**Assignment**
Look through the material below. Return exactly the lines from the one with "or_default valid d (some" through the one with "pub reason : Option String", both included.

BEGIN

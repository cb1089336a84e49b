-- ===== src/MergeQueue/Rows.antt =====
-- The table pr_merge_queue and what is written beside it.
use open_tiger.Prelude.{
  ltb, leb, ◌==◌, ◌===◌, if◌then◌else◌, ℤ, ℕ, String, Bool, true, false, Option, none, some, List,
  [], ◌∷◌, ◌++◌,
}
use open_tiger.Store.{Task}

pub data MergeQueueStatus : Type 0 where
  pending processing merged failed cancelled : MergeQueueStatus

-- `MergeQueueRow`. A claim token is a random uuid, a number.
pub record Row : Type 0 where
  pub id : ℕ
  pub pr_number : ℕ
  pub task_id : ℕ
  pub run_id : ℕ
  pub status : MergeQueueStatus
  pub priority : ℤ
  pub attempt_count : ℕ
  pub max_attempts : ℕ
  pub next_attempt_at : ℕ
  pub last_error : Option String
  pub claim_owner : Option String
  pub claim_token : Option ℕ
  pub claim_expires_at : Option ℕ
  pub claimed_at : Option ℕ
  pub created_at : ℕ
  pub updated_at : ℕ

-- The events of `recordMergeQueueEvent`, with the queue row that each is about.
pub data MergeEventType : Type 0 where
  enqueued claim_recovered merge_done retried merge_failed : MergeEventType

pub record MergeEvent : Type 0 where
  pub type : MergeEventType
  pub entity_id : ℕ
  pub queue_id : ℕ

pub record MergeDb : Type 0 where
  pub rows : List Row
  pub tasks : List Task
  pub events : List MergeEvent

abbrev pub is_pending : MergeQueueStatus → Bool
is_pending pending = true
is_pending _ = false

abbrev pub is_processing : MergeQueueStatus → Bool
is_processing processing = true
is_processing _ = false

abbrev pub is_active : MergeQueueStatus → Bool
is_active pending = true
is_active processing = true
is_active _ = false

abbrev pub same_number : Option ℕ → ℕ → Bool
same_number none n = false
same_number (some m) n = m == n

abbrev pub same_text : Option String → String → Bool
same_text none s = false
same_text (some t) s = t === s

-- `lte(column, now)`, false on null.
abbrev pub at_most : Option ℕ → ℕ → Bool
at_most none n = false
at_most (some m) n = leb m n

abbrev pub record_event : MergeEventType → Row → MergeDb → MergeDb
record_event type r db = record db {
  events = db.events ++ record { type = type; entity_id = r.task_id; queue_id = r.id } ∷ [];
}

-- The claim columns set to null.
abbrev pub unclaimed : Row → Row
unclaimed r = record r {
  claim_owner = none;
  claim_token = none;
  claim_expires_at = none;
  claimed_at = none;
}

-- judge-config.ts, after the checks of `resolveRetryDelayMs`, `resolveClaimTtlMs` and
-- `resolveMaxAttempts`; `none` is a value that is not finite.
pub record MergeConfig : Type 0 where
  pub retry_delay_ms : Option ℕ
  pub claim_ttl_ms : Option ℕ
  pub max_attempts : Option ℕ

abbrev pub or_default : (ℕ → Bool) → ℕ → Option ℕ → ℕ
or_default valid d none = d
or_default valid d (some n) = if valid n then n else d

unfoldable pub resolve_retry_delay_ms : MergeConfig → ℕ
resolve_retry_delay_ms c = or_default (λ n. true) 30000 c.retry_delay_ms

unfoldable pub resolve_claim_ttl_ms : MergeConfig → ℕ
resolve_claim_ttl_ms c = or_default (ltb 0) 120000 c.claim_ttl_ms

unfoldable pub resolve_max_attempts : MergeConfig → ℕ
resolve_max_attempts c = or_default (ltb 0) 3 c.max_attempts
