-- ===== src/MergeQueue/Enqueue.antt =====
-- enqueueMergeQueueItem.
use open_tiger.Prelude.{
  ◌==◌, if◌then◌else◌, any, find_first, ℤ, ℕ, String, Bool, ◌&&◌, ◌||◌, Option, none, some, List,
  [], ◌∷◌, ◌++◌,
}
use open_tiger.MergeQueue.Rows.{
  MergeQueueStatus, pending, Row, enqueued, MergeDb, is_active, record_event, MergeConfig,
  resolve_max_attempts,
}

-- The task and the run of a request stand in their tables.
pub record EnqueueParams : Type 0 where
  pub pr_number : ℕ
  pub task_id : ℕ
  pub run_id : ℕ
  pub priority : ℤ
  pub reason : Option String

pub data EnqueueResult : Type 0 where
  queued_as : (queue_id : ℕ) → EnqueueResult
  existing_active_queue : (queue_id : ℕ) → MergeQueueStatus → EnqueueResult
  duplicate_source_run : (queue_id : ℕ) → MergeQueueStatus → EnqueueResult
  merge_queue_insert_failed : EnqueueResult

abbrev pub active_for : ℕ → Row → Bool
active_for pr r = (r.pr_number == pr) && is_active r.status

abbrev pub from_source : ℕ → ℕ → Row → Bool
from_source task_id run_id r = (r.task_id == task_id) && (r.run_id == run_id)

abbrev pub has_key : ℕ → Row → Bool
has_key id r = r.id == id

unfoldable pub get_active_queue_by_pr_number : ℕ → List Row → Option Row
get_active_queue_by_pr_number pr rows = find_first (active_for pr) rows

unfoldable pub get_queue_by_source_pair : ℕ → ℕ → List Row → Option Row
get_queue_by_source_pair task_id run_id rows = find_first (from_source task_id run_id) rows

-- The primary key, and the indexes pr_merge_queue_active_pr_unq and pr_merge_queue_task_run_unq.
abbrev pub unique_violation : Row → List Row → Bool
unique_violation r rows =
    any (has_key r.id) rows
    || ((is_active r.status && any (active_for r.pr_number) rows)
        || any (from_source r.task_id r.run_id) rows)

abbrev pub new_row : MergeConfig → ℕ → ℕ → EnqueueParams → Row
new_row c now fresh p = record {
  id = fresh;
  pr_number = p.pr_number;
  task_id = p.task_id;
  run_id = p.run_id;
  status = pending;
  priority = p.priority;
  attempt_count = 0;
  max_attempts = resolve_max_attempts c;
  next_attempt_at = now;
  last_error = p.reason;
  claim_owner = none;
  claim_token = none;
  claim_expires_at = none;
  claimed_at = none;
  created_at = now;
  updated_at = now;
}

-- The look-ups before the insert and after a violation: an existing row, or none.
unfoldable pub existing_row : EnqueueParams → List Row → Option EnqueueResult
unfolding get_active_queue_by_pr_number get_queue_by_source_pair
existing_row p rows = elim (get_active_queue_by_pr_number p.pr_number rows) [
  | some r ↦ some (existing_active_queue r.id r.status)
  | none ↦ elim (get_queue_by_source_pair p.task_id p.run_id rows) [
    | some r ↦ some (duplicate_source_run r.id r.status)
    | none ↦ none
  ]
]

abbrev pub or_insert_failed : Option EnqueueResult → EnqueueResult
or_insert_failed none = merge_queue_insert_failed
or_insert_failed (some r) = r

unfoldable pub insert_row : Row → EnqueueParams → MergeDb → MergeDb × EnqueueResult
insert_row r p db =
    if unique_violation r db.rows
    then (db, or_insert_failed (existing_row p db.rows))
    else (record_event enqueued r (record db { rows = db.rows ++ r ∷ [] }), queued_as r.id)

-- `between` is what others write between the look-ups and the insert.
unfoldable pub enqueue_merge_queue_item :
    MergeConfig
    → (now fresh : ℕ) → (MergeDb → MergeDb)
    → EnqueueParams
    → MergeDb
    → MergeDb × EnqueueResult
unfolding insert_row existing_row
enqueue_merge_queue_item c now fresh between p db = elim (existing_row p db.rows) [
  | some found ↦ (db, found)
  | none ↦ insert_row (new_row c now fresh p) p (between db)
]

END

**Solution**
or_default valid d (some n) = if valid n then n else d

unfoldable pub resolve_retry_delay_ms : MergeConfig → ℕ
resolve_retry_delay_ms c = or_default (λ n. true) 30000 c.retry_delay_ms

unfoldable pub resolve_claim_ttl_ms : MergeConfig → ℕ
resolve_claim_ttl_ms c = or_default (ltb 0) 120000 c.claim_ttl_ms

unfoldable pub resolve_max_attempts : MergeConfig → ℕ
resolve_max_attempts c = or_default (ltb 0) 3 c.max_attempts
-- ===== src/MergeQueue/Enqueue.antt =====
-- enqueueMergeQueueItem.
use open_tiger.Prelude.{
  ◌==◌, if◌then◌else◌, any, find_first, ℤ, ℕ, String, Bool, ◌&&◌, ◌||◌, Option, none, some, List,
  [], ◌∷◌, ◌++◌,
}
use open_tiger.MergeQueue.Rows.{
  MergeQueueStatus, pending, Row, enqueued, MergeDb, is_active, record_event, MergeConfig,
  resolve_max_attempts,
}

-- The task and the run of a request stand in their tables.
pub record EnqueueParams : Type 0 where
  pub pr_number : ℕ
  pub task_id : ℕ
  pub run_id : ℕ
  pub priority : ℤ
  pub reason : Option String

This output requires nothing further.